# My first Kimber, and 1911



## tang (Aug 25, 2011)

Almost a month ago, I bought this Kimber Custom TLE 2 from a friend of mine and finally got a chance to shoot today. I had to say, it shot really great and made me empty the rounds in my Glock 21 and put them in the Kimber. He said he bought the gun almost 15 years ago and it only came with one factory magazine, but he threw in 3 Wilson's Combat mags. He also said he only put 50 rounds through it and just kept it in the safe, but well taken care of. Okay so here is the range report for today. I only put 150 rounds through it because that's all I could afford at the moment, plus 7 rounds of defense ammo. They were 100 of Lawman, 50 Fiochi, and 7 Remington golden saber, all 230 grain. As I mentioned, this gun was shooting real good in my hands. In those 150 rounds I only came across 5 fte from the Lawman and 1 ftf from the Fiochi. Yeah, I heard some 1911 require a 500 round break in and I should try other brand ammo so I'll be doing that later on when the moneys good.
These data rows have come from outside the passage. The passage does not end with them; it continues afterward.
-- ===== src/Tests/Structures.antt =====
-- A tree beside a block of bedrock.
use macintosh_craft.Base.Int.{pos, negsuc}
use macintosh_craft.Base.Array.{update}
use macintosh_craft.World.Changes.{Changes, Place, change_at, blank}
use macintosh_craft.Structures.Solid

abbrev rock_place : Place
rock_place = record { x = pos 17; y = 70; z = negsuc 2 }

abbrev one_rock : Changes
one_rock = record { entries = update (λ _. blank) 0 (change_at rock_place 4); count = 1 }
The funny thing is when the malfuntions happened, they were all in the Wilson's Combat magazine. It would happen on the second to last round, and one fte happen when I only have 5 rounds one mag and it happened on the last one. The factory magazine, however, was the only one that was flawless and fed them all with no malfunction. It's pretty weird when I hear people tell me to get me to get rid of the factory and go with Wilson's Combat, but in this case the other way around. Any of you guys came across that? Prior to the shooting session, I cleaned and lubed it up properly. I didn't clean the mags because I would assumed it would still be okay if he didn't shoot it in 15 years.


----------